Goumah began to write articles against the British occupation of Egypt in early 1905 through the newspaper al-Zaher. However, he was removed from writing after writing a speech during the celebration of the coronation of the khedive Abbas II of Egypt, in which he explained the détente policy between England and France and blamed the khedive for supporting the British occupation. He went off to join Mustafa Kamil Pasha as an editor for Al Liwa, along with Charles Rudy and William Maloney.

After joining Al Liwa, Goumah wrote in various periodicals and newspapers, accumulating thousands of articles. He wrote extensively in al-Ahram, al-Balagh, al-Zaher, al-Balagh weekly, al-Bayan, al-Moqtabas. His articles covered many aspects of the Egyptian life during that era, ranging from economics, international politics and political philosophy to literature, literary criticism and Sufism.

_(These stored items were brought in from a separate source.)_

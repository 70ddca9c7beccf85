-- ===== src/Firmware/Settled.antt =====
-- A stop or a result of firmware/main/control.c that succeeds finds the generator's task gone.
use Prim.Native.String.{String}
use esp_now_harness.Common.{
  ℕ, zero, suc, ◌+◌, u32, ◌≡◌, ◌⊎◌, refl, ap, inl, inr, Bool, true, false, List, Option, none, some,
  arith, Bool-cases,
}
use esp_now_harness.Harness.{finished}
use esp_now_harness.Runtime.{Node, System, M, Platform}
use esp_now_harness.Runtime.Frame.{at_if}
use esp_now_harness.Metrics.Report.{Report}
use esp_now_harness.Metrics.Distribution.Quantile.{Quantile}
use esp_now_harness.Radio.Configure.{Driver}
use esp_now_harness.Generator.Stop.{expired, stopped_before, generator_wait_stopped}
use esp_now_harness.Receiver.Queue.{Mailbox}
use esp_now_harness.Control.Json.{Cjson}
use esp_now_harness.Control.Calm.{Calm, IsCalm, CalmServices}
use esp_now_harness.Control.Dispatch.{
  Services, Body, error_body, state_body, result_body, is_running_or_armed, is_finished, when_true,
  if_drained, send_state, drain_measurement_events, stopped_and_drained, when_drained, send_result,
  finish_run, stop, result,
}
use esp_now_harness.Control.Step.{
  drain_measurement_events-IsCalm, drained_ends, send_state-IsCalm, send_result-IsCalm,
  finished_stays,
}
use esp_now_harness.Firmware.{services, has_stopped}
use esp_now_harness.Firmware.Interface.{CalmWorld, services-CalmServices}

pub stopped_before_gone :
    {W : Type 0} (p : Platform W) (fuel deadline : ℕ) (s : System W)
    → (stopped_before p fuel deadline s).0 ≡ some true
    → (stopped_before p fuel deadline s).1.node.handle ≡ false
unfolding stopped_before
stopped_before_gone p zero deadline s e = cc
stopped_before_gone {W} p (suc fuel) deadline s e =
    let (now, t) = p.tick_count s in
    let u = (p.task_delay (p.ms_to_ticks 1) t).1 in
    let P : Option Bool × System W → Type 0 = λ r. r.0 ≡ some true → r.1.node.handle ≡ false in
    at_if P s.node.handle _ _ s
      (λ _.
        at_if P (expired now deadline) _ _ t (λ _ f. cc)
          (λ _. stopped_before_gone p fuel deadline u))
      (λ n _. n) e

pub has_stopped-some : (r : Option Bool) → has_stopped r ≡ true → r ≡ some true
has_stopped-some (some b) e = ap some e
has_stopped-some none e = cc

when_true_gone :
    {W : Type 0} (first : Bool) (b : M W Bool) (t : System W)
    → (first ≡ true → t.node.handle ≡ false)
    → IsCalm b
    → (when_true first b t).0 ≡ true
    → (when_true first b t).1.node.handle ≡ false
unfolding IsCalm
when_true_gone true b t h k e = (k t).stays_stopped (h refl)
when_true_gone false b t h k e = cc

module _ {W J : Type 0} (p : Platform W) (d : Driver W) (mb : Mailbox W) (rest : ℕ → List ℕ)
    (peers waits : ℕ) (c : Cjson J) (sscanf : List ℕ → List ℕ) (ceil_times : Quantile → ℕ → ℕ)
    (calm : CalmWorld p d mb) where
  abbrev v : Services W
  v = services p d mb rest peers waits

  laws : CalmServices v
  laws = services-CalmServices p d mb rest calm peers waits

  stopped_and_drained_gone :
      (s : System W)
      → (stopped_and_drained v c sscanf ceil_times s).0 ≡ true
      → (stopped_and_drained v c sscanf ceil_times s).1.node.handle ≡ false
  unfolding stopped_and_drained generator_wait_stopped
  stopped_and_drained_gone s e =
      let (now, t) = p.tick_count s in
      let deadline = u32 (now + p.ms_to_ticks 2000) in
      let (r, u) = stopped_before p waits deadline t in
      when_true_gone (has_stopped r) (drain_measurement_events v c sscanf ceil_times) u
        (λ y. stopped_before_gone p waits deadline t (has_stopped-some r y))
        (drain_measurement_events-IsCalm v c sscanf ceil_times laws) e

  -- A reply that is no timeout comes after the drain.
  if_drained_gone :
      (drained : Bool) (reply : M W Body) (t : System W)
      → (drained ≡ true → t.node.handle ≡ false)
      → IsCalm reply
      → ((if_drained drained reply t).1.node.handle ≡ false)
        ⊎ ((if_drained drained reply t).0
            ≡ error_body "drain_timeout" "timed out draining measurement events")
  unfolding IsCalm
  if_drained_gone true reply t h k = inl ((k t).stays_stopped (h refl))
  if_drained_gone false reply t h k = inr refl

  when_drained_gone :
      (reply : M W Body) (s : System W)
      → IsCalm reply
      → ((when_drained v c sscanf ceil_times reply s).1.node.handle ≡ false)
        ⊎ ((when_drained v c sscanf ceil_times reply s).0
            ≡ error_body "drain_timeout" "timed out draining measurement events")
  unfolding when_drained
  when_drained_gone reply s k =
      let (drained, t) = stopped_and_drained v c sscanf ceil_times s in
      if_drained_gone drained reply t (stopped_and_drained_gone s) k

  finish_run_over :
      (s : System W) → is_running_or_armed (finish_run v c sscanf ceil_times s).1.node.state ≡ false
  unfolding finish_run is_running_or_armed IsCalm
  finish_run_over s =
      let n = s.node in
      let u : System W = record s { node = record n { state = finished } } in
      let later = laws.timer_get_time_calm u in ground (arith, later.state_moves)

  stays_over :
      (n n' : Node)
      → Calm n n'
      → is_running_or_armed n.state ≡ false
      → is_running_or_armed n'.state ≡ false
  unfolding is_running_or_armed
  stays_over n n' h k = elim h.state_moves [ inl e ↦ rw e k | inr (_, _, e) ↦ rw e refl ]

  is_finished_lem : (n : Node) → is_finished n.state ≡ true → n.state ≡ finished
  is_finished_lem n h = ground (arith, h)

  -- A stop that replies with the state has ended the run: the generator's task is gone, and the node is
  -- neither ARMED nor RUNNING. The other tasks run in every call.
  pub stop_settled :
      (name : String) (s : System W)
      → (stop v c sscanf ceil_times s).0 ≡ state_body name
      → let n = (stop v c sscanf ceil_times s).1.node in
        (n.handle ≡ false) × (is_running_or_armed n.state ≡ false)
  unfolding stop
  stop_settled name s e =
      let (_, t) = finish_run v c sscanf ceil_times s in
      let calmly = send_state-IsCalm v c sscanf ceil_times laws in
      let later =
        drained_ends v c sscanf ceil_times laws (send_state v c sscanf ceil_times) t calmly in
      elim (when_drained_gone (send_state v c sscanf ceil_times) t calmly) [
        | inl gone ↦ (gone, stays_over t.node _ later (finish_run_over s))
        | inr timeout ↦ cc
      ]

  -- A result that replies with a report finds the generator's task gone and the node FINISHED, so that
  -- no packet of the run is sent any more. The other tasks run in every call.
  result_settled :
      (report : Report) (s : System W)
      → (result v c sscanf ceil_times s).0 ≡ result_body report
      → let n = (result v c sscanf ceil_times s).1.node in (n.handle ≡ false) × (n.state ≡ finished)
  unfolding result
  result_settled report s e =
      let calmly = send_result-IsCalm v c sscanf ceil_times laws in
      let later =
        drained_ends v c sscanf ceil_times laws (send_result v c sscanf ceil_times) s calmly in
      elim (Bool-cases (is_finished s.node.state)) [
        | inl y ↦ elim (when_drained_gone (send_result v c sscanf ceil_times) s calmly) [
          | inl gone ↦ rw y (gone, finished_stays s.node _ later (is_finished_lem s.node y))
          | inr timeout ↦ cc
        ]
        | inr n ↦ cc
      ]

Goumah raised in his articles subjects that were addressed in Egypt and other Arab countries decades after his death. He called for free education at Al-Balagh in May 1930, nearly two decades before Taha Hussein, the Egyptian minister of education, began to implement it. In 1933, through his novel Aida (published through Al-Balagh), he criticized Egyptian personal status laws for giving only men the right for divorce, the same law Goumah refused to adopt when getting married by offering his wife equal rights regarding divorce. It was only in 2001 when Egyptian personal status law accommodated khul', a method by which women may divorce in compliance with Islamic sharia. He criticized polygamy in "al-Rabetah al-Arabeyya" in 1938, calling for strict regulations to control it.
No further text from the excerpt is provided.